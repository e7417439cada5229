-- ===== src/Disk/Ticks.antt =====
-- What the six `*_tick` functions of "Disk Scheduling/disksim.c" serve, print and leave alone.

use operating_system_basics.Base.{
  ℕ, ◌≡◌, ◌≢◌, refl, sym, ap, ap₂, ◌∙◌, List, [], ◌∷◌, ◌++◌, arith, length, length-append,
  append-ne-nil, pos, zero_+ℤ,
}
use operating_system_basics.LinkedList.{ListHead}
use operating_system_basics.Disk.{
  Task, text, num, Sim, fcfs_loop, fcfs_tick, copy_dist, copy_all, with_ends, sstf_tick, scan_tick,
  cscan_tick, look_tick, clook_tick, finish, finish_ends, sstf_compare, scan_compare, cscan_compare,
  up_or_down,
}
use operating_system_basics.Disk.Travel.{cylinders, travel, seek_loop-eq-travel}
use operating_system_basics.Disk.Comparators.{
  sstf_compare-IsTotalPreorder, scan_compare-IsTotalPreorder, cscan_compare-IsTotalPreorder,
}
use operating_system_basics.Disk.Queues.{
  listing, Prints, seek_total, cscan_total, clook_total, lowest, highest, without_up, requests,
  printed_lem, fcfs_loop-queue, fcfs_loop-total, copy_all-entries, copy_dist-entries,
  length-without_up, with_ends-entries, sorted_lem, length-cylinders,
}
use operating_system_basics.Disk.Outcome.{IsLoaded, Serves, finish-Served, finish_ends-Served}

-- `fcfs_tick` serves the requests in the order of the trace, prints the distance through them and
-- the order, and leaves the trace as it is; an empty trace does not make it fail.
pub fcfs_tick_lem :
    (library : ListHead Task) (fresh : Task) (s : Sim library fresh)
    → IsLoaded library fresh s
    → let s' = fcfs_tick library fresh s in
      Prints library fresh "FCFS,"
        (travel s.start (cylinders (requests library fresh s)))
        (requests library fresh s)
        s
        s'
      × (s'.processes ≡ s.processes)
      × (s'.srcrq ≡ s.srcrq)
unfolding fcfs_tick
fcfs_tick_lem library fresh s e =
    let reqs = requests library fresh s in
    let rq = (fcfs_loop library fresh reqs library.init_list_head (pos 0) s.start).0 in
    let queue =
      fcfs_loop-queue library fresh reqs library.init_list_head (pos 0) s.start
      ∙ ap (λ l. cylinders l ++ cylinders reqs) library.entries-init in
    let total =
      fcfs_loop-total library fresh reqs library.init_list_head (pos 0) s.start ∙ zero_+ℤ _ in
    let size = e ∙ sym (length-cylinders reqs) ∙ sym (ap length queue) ∙ length-cylinders _ in
    (
      printed_lem library fresh "FCFS," _ (record s { runqueue = rq }) size
          ∙ ap₂ (λ t l. s.out ++ (text "FCFS," ∷ num t ∷ text "," ∷ listing l)) total queue,
      refl,
      refl,
    )

module _ (library : ListHead Task) (fresh : Task) (s : Sim library fresh) where
  without_up-ne-nil : (ts : List Task) → ts ≢ [] → without_up library fresh ts ≢ []
  without_up-ne-nil [] ne = ne
  without_up-ne-nil (t ∷ ts) ne = λ e. cc

  -- The queue of `scan_tick` and `cscan_tick`.
  abbrev pub with_both_ends : List Task
  with_both_ends = (lowest s.start ∷ requests library fresh s) ++ (highest s.start ∷ [])

  -- `sstf_tick` serves the requests sorted by `sstf_compare`, prints the distance through them and
  -- the order, and keeps the trace, on a trace with a request.
  pub sstf_tick_lem :
      IsLoaded library fresh s
      → requests library fresh s ≢ []
      → Serves library fresh sstf_compare "SSTF," seek_total
          (without_up library fresh (requests library fresh s))
          s
          (sstf_tick library fresh s)
  unfolding sstf_tick
  sstf_tick_lem e ne =
      let reqs = requests library fresh s in
      let sorted =
        sorted_lem library fresh sstf_compare (copy_dist library fresh reqs library.init_list_head)
          (without_up library fresh reqs)
          (copy_dist-entries library fresh reqs library.init_list_head
            ∙ ap (λ l. l ++ without_up library fresh reqs) library.entries-init)
          (without_up-ne-nil reqs ne) sstf_compare-IsTotalPreorder in
      (
        finish library fresh "SSTF," (seek_total s.start (library.entries sorted.rq)) sorted.rq s,
        rw (sorted.result, seek_loop-eq-travel),
        finish-Served library fresh s "SSTF," seek_total s.elevator_up
            (e ∙ sym (length-without_up library fresh reqs)) sorted,
      )

  -- `scan_tick` serves the requests and both ends of the disk, sorted by `scan_compare` for the
  -- direction that the random bit chooses; it prints what its loop adds up and the order, and
  -- keeps the trace and `processes`. An empty trace does not make it fail.
  pub scan_tick_lem :
      (random : ℕ)
      → IsLoaded library fresh s
      → Serves library fresh
          (scan_compare (up_or_down random))
          "SCAN,"
          seek_total
          with_both_ends
          s
          (scan_tick library fresh random s)
  unfolding scan_tick
  scan_tick_lem random e =
      let elevator = up_or_down random in
      let sorted =
        sorted_lem library fresh (scan_compare elevator) (with_ends library fresh s) with_both_ends
          (with_ends-entries library fresh s)
          (append-ne-nil (lowest s.start ∷ requests library fresh s) (highest s.start) [])
          (scan_compare-IsTotalPreorder elevator) in
      let size = length-append (lowest s.start ∷ requests library fresh s) (highest s.start ∷ []) in
      (
        finish_ends library fresh "SCAN," (seek_total s.start (library.entries sorted.rq)) sorted.rq
            (record s { elevator_up = elevator }),
        rw (sorted.result, seek_loop-eq-travel),
        finish_ends-Served library fresh s "SCAN," seek_total elevator (omega (arith, size)) sorted,
      )

  -- `cscan_tick` serves the requests and both ends of the disk, sorted by `cscan_compare` for the
  -- direction that the random bit chooses; it prints what its loop adds up and the order, and
  -- keeps the trace and `processes`. An empty trace does not make it fail.
  pub cscan_tick_lem :
      (random : ℕ)
      → IsLoaded library fresh s
      → Serves library fresh
          (cscan_compare (up_or_down random))
          "CSCAN,"
          cscan_total
          with_both_ends
          s
          (cscan_tick library fresh random s)
  unfolding cscan_tick
  cscan_tick_lem random e =
      let elevator = up_or_down random in
      let sorted =
        sorted_lem library fresh (cscan_compare elevator) (with_ends library fresh s) with_both_ends
          (with_ends-entries library fresh s)
          (append-ne-nil (lowest s.start ∷ requests library fresh s) (highest s.start) [])
          (cscan_compare-IsTotalPreorder elevator) in
      let size = length-append (lowest s.start ∷ requests library fresh s) (highest s.start ∷ []) in
      (
        finish_ends library fresh "CSCAN," (cscan_total s.start (library.entries sorted.rq))
            sorted.rq (record s { elevator_up = elevator }),
        rw sorted.result,
        finish_ends-Served library fresh s "CSCAN," cscan_total elevator (omega (arith, size))
            sorted,
      )

  -- `look_tick` serves the requests sorted by `scan_compare` for the direction that the random bit
  -- chooses, prints what its loop adds up and the order, and keeps the trace, on a trace with a
  -- request.
  pub look_tick_lem :
      (random : ℕ)
      → IsLoaded library fresh s
      → requests library fresh s ≢ []
      → Serves library fresh
          (scan_compare (up_or_down random))
          "LOOK,"
          seek_total
          (requests library fresh s)
          s
          (look_tick library fresh random s)
  unfolding look_tick
  look_tick_lem random e ne =
      let elevator = up_or_down random in
      let reqs = requests library fresh s in
      let sorted =
        sorted_lem library fresh (scan_compare elevator)
          (copy_all library fresh reqs library.init_list_head) reqs
          (copy_all-entries library fresh reqs library.init_list_head
            ∙ ap (λ l. l ++ reqs) library.entries-init)
          ne (scan_compare-IsTotalPreorder elevator) in
      (
        finish library fresh "LOOK," (seek_total s.start (library.entries sorted.rq)) sorted.rq
            (record s { elevator_up = elevator }),
        rw (sorted.result, seek_loop-eq-travel),
        finish-Served library fresh s "LOOK," seek_total elevator e sorted,
      )

  -- `clook_tick` serves the requests sorted by `cscan_compare` for the direction that the random bit
  -- chooses, prints what its loop adds up and the order, and keeps the trace, on a trace with a
  -- request.
  pub clook_tick_lem :
      (random : ℕ)
      → IsLoaded library fresh s
      → requests library fresh s ≢ []
      → Serves library fresh
          (cscan_compare (up_or_down random))
          "CLOOK,"
          clook_total
          (requests library fresh s)
          s
          (clook_tick library fresh random s)
  unfolding clook_tick
  clook_tick_lem random e ne =
      let elevator = up_or_down random in
      let reqs = requests library fresh s in
      let sorted =
        sorted_lem library fresh (cscan_compare elevator)
          (copy_all library fresh reqs library.init_list_head) reqs
          (copy_all-entries library fresh reqs library.init_list_head
            ∙ ap (λ l. l ++ reqs) library.entries-init)
          ne (cscan_compare-IsTotalPreorder elevator) in
      (
        finish library fresh "CLOOK," (clook_total s.start (library.entries sorted.rq)) sorted.rq
            (record s { elevator_up = elevator }),
        rw sorted.result,
        finish-Served library fresh s "CLOOK," clook_total elevator e sorted,
      )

____

◆ **WHAT TO WORK ON**:
Where the data above reaches the line holding "without_up-ne-nil [] ne = ne", begin printing, and stop after the line holding "sstf_tick_lem e ne". Each line must be reproduced exactly, with nothing else added.

◆ **SOLUTION TO THIS PROBLEM**:
  without_up-ne-nil [] ne = ne
  without_up-ne-nil (t ∷ ts) ne = λ e. cc

  -- The queue of `scan_tick` and `cscan_tick`.
  abbrev pub with_both_ends : List Task
  with_both_ends = (lowest s.start ∷ requests library fresh s) ++ (highest s.start ∷ [])

  -- `sstf_tick` serves the requests sorted by `sstf_compare`, prints the distance through them and
  -- the order, and keeps the trace, on a trace with a request.
  pub sstf_tick_lem :
      IsLoaded library fresh s
      → requests library fresh s ≢ []
      → Serves library fresh sstf_compare "SSTF," seek_total
          (without_up library fresh (requests library fresh s))
          s
          (sstf_tick library fresh s)
  unfolding sstf_tick
  sstf_tick_lem e ne =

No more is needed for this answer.